With nothing added or dropped, copy the data that follows exactly.

***** Records for processing

-- ===== src/World.antt =====
-- The disk as the functions of `os` and `path/filepath` that the program calls see it: what stands
-- at each path, and which calls the system refuses (for lack of rights or space). A refused call
-- changes nothing. Calls are one step each; nobody else writes in between.
pub mod Calls
use lokifix.Prelude.{
  ℕ, zero, suc, ◌+◌, ◌-◌, ◌*◌, ◌/◌, ◌%◌, ◌^◌, ◌≤◌, ◌<◌, ◌≡◌, refl, sym, ap, ap₂, subst, ◌∙◌, ◌≢◌,
  ◌↔◌, ◌⊎◌, inl, inr, Bool, true, false, not, ◌&&◌, ◌||◌, Option, none, some, List, [], ◌∷◌, ◌++◌,
  map, append-nil, append_assoc, arith, ltb, leb, ◌==◌, if◌then◌else◌, ltb→lt, lt→ltb, leb→le,
  ==_iff, Bool-cases, Option-cases, length, get_elem?, length-append, take, drop, replicate,
  length-take, length-drop, length-replicate, take-append-drop, length-map, All, All-append, Bytes,
  codes, eq_bytes, eq_bytes_iff, eq_bytes_refl, eq_bytes→eq, is_empty, lower, upper, to_lower,
  to_upper, to_lower_idem, is_space, trim_left, trim_right, trim_space, split_on, split, push_left,
  cut_at, replace_byte, join, show_nat, has_prefix, contains, has_prefix_sound, has_prefix_complete,
  contains_sound, contains_complete,
}
use lokifix.Protocol.Message.{
  Call, stat, open_file, read_at, mkdir, write, remove, Error, refused, is_directory,
}

pub data Node : Type 0 where
  file : Bytes → Node
  dir : Node

pub record World : Type 0 where
  pub disk : Bytes → Option Node
  pub refuses : Call → Bytes → Bool

-- A panic ends the agent's process.
pub data Result {ℓ} (A : Type ℓ) : Type ℓ where
  ok : A → Result A
  err : Error → Result A
  panic : Result A

-- A computation over the world. What was done before an error stays done.
abbrev pub Io {ℓ} : Type ℓ → Type ℓ
Io A = World → World × Result A

abbrev pub after {ℓ κ} :
    {A : Type ℓ} {B : Type κ} → World × Result A → (A → Io B) → World × Result B
after (w, ok a) f = f a w
after (w, err e) f = (w, err e)
after (w, panic) f = (w, panic)

infixl 5 ◌>>=◌ ◌>>◌
abbrev pub ◌>>=◌ {ℓ κ} : {A : Type ℓ} {B : Type κ} → Io A → (A → Io B) → Io B
◌>>=◌ m f w = after (m w) f

abbrev pub ◌>>◌ {ℓ} : {B : Type ℓ} → Io (Unit {0}) → Io B → Io B
◌>>◌ m k w = after (m w) (λ _. k)

abbrev pub return {ℓ} : {A : Type ℓ} → A → Io A
return a w = (w, ok a)

abbrev pub throw {ℓ} : {A : Type ℓ} → Error → Io A
throw e w = (w, err e)

abbrev pub crash {ℓ} : {A : Type ℓ} → Io A
crash w = (w, panic)

-- A result of pure code.
abbrev pub lift {ℓ} : {A : Type ℓ} → Result A → Io A
lift r w = (w, r)

-- The disk with one path changed.
unfoldable pub write_node : Bytes → Option Node → (Bytes → Option Node) → Bytes → Option Node
write_node p n d q = if eq_bytes p q then n else d q

-- `os.Stat`: `none` where there is nothing, or where the call is refused.
unfoldable pub node_at : Call → Bytes → World → Option Node
node_at c p w = if w.refuses c p then none else w.disk p

unfoldable pub stat_node : Bytes → Io Node
unfolding node_at
stat_node p w = elim (node_at stat p w) [ none ↦ (w, err (refused stat)) | some n ↦ (w, ok n) ]

-- `os.ReadFile` and reading from an opened file.
unfoldable pub read_file_bytes : Bytes → Io Bytes
unfolding node_at
read_file_bytes p w = elim (node_at open_file p w) [
  | none ↦ (w, err (refused open_file))
  | some n ↦ elim n [ file b ↦ (w, ok b) | dir ↦ (w, err is_directory) ]
]

-- `os.WriteFile`: creates the file or replaces its content.
unfoldable pub write_file_bytes : Bytes → Bytes → Io (Unit {0})
unfolding write_node
write_file_bytes p b w = if w.refuses write p then (w, err (refused write)) else elim (w.disk p) [
  | none ↦ (record w { disk = write_node p (some (file b)) w.disk }, ok tt)
  | some n ↦ elim n [
    | file c ↦ (record w { disk = write_node p (some (file b)) w.disk }, ok tt)
    | dir ↦ (w, err is_directory)
  ]
]

-- `os.OpenFile` with `O_APPEND|O_WRONLY` and one `Write`: the file must be there.
unfoldable pub append_file_bytes : Bytes → Bytes → Io (Unit {0})
unfolding write_node
append_file_bytes p b w =
    if w.refuses open_file p || w.refuses write p
    then (w, err (refused open_file))
    else elim (w.disk p) [
      | none ↦ (w, err (refused open_file))
      | some n ↦ elim n [
        | file c ↦ (record w { disk = write_node p (some (file (c ++ b))) w.disk }, ok tt)
        | dir ↦ (w, err is_directory)
      ]
    ]

-- Both separators of Windows.
unfoldable pub is_separator : ℕ → Bool
is_separator c = c == b'/' || c == 92

-- The directories on the way to a path: its beginnings before each separator. `head` is read
-- already.
unfoldable pub parents : Bytes → Bytes → List Bytes
unfolding is_separator
parents head [] = []
parents head (c ∷ s) =
    let rest = parents (head ++ c ∷ []) s in
    if is_separator c && not (is_empty head) then head ∷ rest else rest

-- `os.MkdirAll(filepath.Dir(path))`: every directory on the way that is missing is made; a file in
-- the way is an error.
unfoldable pub make_dirs : List Bytes → Io (Unit {0})
unfolding write_node
make_dirs [] w = (w, ok tt)
make_dirs (p ∷ ps) w =
    let made = make_dirs ps (record w { disk = write_node p (some dir) w.disk }) in
    let kept = make_dirs ps w in
    elim (w.disk p) [
      | none ↦ (if w.refuses mkdir p then (w, err (refused mkdir)) else made)
      | some n ↦ elim n [ file c ↦ (w, err (refused mkdir)) | dir ↦ kept ]
    ]

unfoldable pub make_parents : Bytes → Io (Unit {0})
unfolding parents make_dirs
make_parents p = make_dirs (parents [] p)

-- `filepath.Base`: what follows the last separator.
unfoldable pub base_from : Bytes → Bytes → Bytes
unfolding is_separator
base_from cur [] = cur
base_from cur (c ∷ s) = base_from (if is_separator c then [] else cur ++ c ∷ []) s

unfoldable pub base_name : Bytes → Bytes
unfolding base_from
base_name p = base_from [] p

**********

* _Answer section_
-- ===== src/World.antt =====
-- The disk as the functions of `os` and `path/filepath` that the program calls see it: what stands
-- at each path, and which calls the system refuses (for lack of rights or space). A refused call
-- changes nothing. Calls are one step each; nobody else writes in between.
pub mod Calls
use lokifix.Prelude.{
  ℕ, zero, suc, ◌+◌, ◌-◌, ◌*◌, ◌/◌, ◌%◌, ◌^◌, ◌≤◌, ◌<◌, ◌≡◌, refl, sym, ap, ap₂, subst, ◌∙◌, ◌≢◌,
  ◌↔◌, ◌⊎◌, inl, inr, Bool, true, false, not, ◌&&◌, ◌||◌, Option, none, some, List, [], ◌∷◌, ◌++◌,
  map, append-nil, append_assoc, arith, ltb, leb, ◌==◌, if◌then◌else◌, ltb→lt, lt→ltb, leb→le,
  ==_iff, Bool-cases, Option-cases, length, get_elem?, length-append, take, drop, replicate,
  length-take, length-drop, length-replicate, take-append-drop, length-map, All, All-append, Bytes,
  codes, eq_bytes, eq_bytes_iff, eq_bytes_refl, eq_bytes→eq, is_empty, lower, upper, to_lower,
  to_upper, to_lower_idem, is_space, trim_left, trim_right, trim_space, split_on, split, push_left,
  cut_at, replace_byte, join, show_nat, has_prefix, contains, has_prefix_sound, has_prefix_complete,
  contains_sound, contains_complete,
}
use lokifix.Protocol.Message.{
  Call, stat, open_file, read_at, mkdir, write, remove, Error, refused, is_directory,
}

pub data Node : Type 0 where
  file : Bytes → Node
  dir : Node

pub record World : Type 0 where
  pub disk : Bytes → Option Node
  pub refuses : Call → Bytes → Bool

-- A panic ends the agent's process.
pub data Result {ℓ} (A : Type ℓ) : Type ℓ where
  ok : A → Result A
  err : Error → Result A
  panic : Result A

-- A computation over the world. What was done before an error stays done.
abbrev pub Io {ℓ} : Type ℓ → Type ℓ
Io A = World → World × Result A

abbrev pub after {ℓ κ} :
    {A : Type ℓ} {B : Type κ} → World × Result A → (A → Io B) → World × Result B
after (w, ok a) f = f a w
after (w, err e) f = (w, err e)
after (w, panic) f = (w, panic)

infixl 5 ◌>>=◌ ◌>>◌
abbrev pub ◌>>=◌ {ℓ κ} : {A : Type ℓ} {B : Type κ} → Io A → (A → Io B) → Io B
◌>>=◌ m f w = after (m w) f

abbrev pub ◌>>◌ {ℓ} : {B : Type ℓ} → Io (Unit {0}) → Io B → Io B
◌>>◌ m k w = after (m w) (λ _. k)

abbrev pub return {ℓ} : {A : Type ℓ} → A → Io A
return a w = (w, ok a)

abbrev pub throw {ℓ} : {A : Type ℓ} → Error → Io A
throw e w = (w, err e)

abbrev pub crash {ℓ} : {A : Type ℓ} → Io A
crash w = (w, panic)

-- A result of pure code.
abbrev pub lift {ℓ} : {A : Type ℓ} → Result A → Io A
lift r w = (w, r)

-- The disk with one path changed.
unfoldable pub write_node : Bytes → Option Node → (Bytes → Option Node) → Bytes → Option Node
write_node p n d q = if eq_bytes p q then n else d q

-- `os.Stat`: `none` where there is nothing, or where the call is refused.
unfoldable pub node_at : Call → Bytes → World → Option Node
node_at c p w = if w.refuses c p then none else w.disk p

unfoldable pub stat_node : Bytes → Io Node
unfolding node_at
stat_node p w = elim (node_at stat p w) [ none ↦ (w, err (refused stat)) | some n ↦ (w, ok n) ]

-- `os.ReadFile` and reading from an opened file.
unfoldable pub read_file_bytes : Bytes → Io Bytes
unfolding node_at
read_file_bytes p w = elim (node_at open_file p w) [
  | none ↦ (w, err (refused open_file))
  | some n ↦ elim n [ file b ↦ (w, ok b) | dir ↦ (w, err is_directory) ]
]

-- `os.WriteFile`: creates the file or replaces its content.
unfoldable pub write_file_bytes : Bytes → Bytes → Io (Unit {0})
unfolding write_node
write_file_bytes p b w = if w.refuses write p then (w, err (refused write)) else elim (w.disk p) [
  | none ↦ (record w { disk = write_node p (some (file b)) w.disk }, ok tt)
  | some n ↦ elim n [
    | file c ↦ (record w { disk = write_node p (some (file b)) w.disk }, ok tt)
    | dir ↦ (w, err is_directory)
  ]
]

-- `os.OpenFile` with `O_APPEND|O_WRONLY` and one `Write`: the file must be there.
unfoldable pub append_file_bytes : Bytes → Bytes → Io (Unit {0})
unfolding write_node
append_file_bytes p b w =
    if w.refuses open_file p || w.refuses write p
    then (w, err (refused open_file))
    else elim (w.disk p) [
      | none ↦ (w, err (refused open_file))
      | some n ↦ elim n [
        | file c ↦ (record w { disk = write_node p (some (file (c ++ b))) w.disk }, ok tt)
        | dir ↦ (w, err is_directory)
      ]
    ]

-- Both separators of Windows.
unfoldable pub is_separator : ℕ → Bool
is_separator c = c == b'/' || c == 92

-- The directories on the way to a path: its beginnings before each separator. `head` is read
-- already.
unfoldable pub parents : Bytes → Bytes → List Bytes
unfolding is_separator
parents head [] = []
parents head (c ∷ s) =
    let rest = parents (head ++ c ∷ []) s in
    if is_separator c && not (is_empty head) then head ∷ rest else rest

-- `os.MkdirAll(filepath.Dir(path))`: every directory on the way that is missing is made; a file in
-- the way is an error.
unfoldable pub make_dirs : List Bytes → Io (Unit {0})
unfolding write_node
make_dirs [] w = (w, ok tt)
make_dirs (p ∷ ps) w =
    let made = make_dirs ps (record w { disk = write_node p (some dir) w.disk }) in
    let kept = make_dirs ps w in
    elim (w.disk p) [
      | none ↦ (if w.refuses mkdir p then (w, err (refused mkdir)) else made)
      | some n ↦ elim n [ file c ↦ (w, err (refused mkdir)) | dir ↦ kept ]
    ]

unfoldable pub make_parents : Bytes → Io (Unit {0})
unfolding parents make_dirs
make_parents p = make_dirs (parents [] p)

-- `filepath.Base`: what follows the last separator.
unfoldable pub base_from : Bytes → Bytes → Bytes
unfolding is_separator
base_from cur [] = cur
base_from cur (c ∷ s) = base_from (if is_separator c then [] else cur ++ c ∷ []) s

unfoldable pub base_name : Bytes → Bytes
unfolding base_from
base_name p = base_from [] p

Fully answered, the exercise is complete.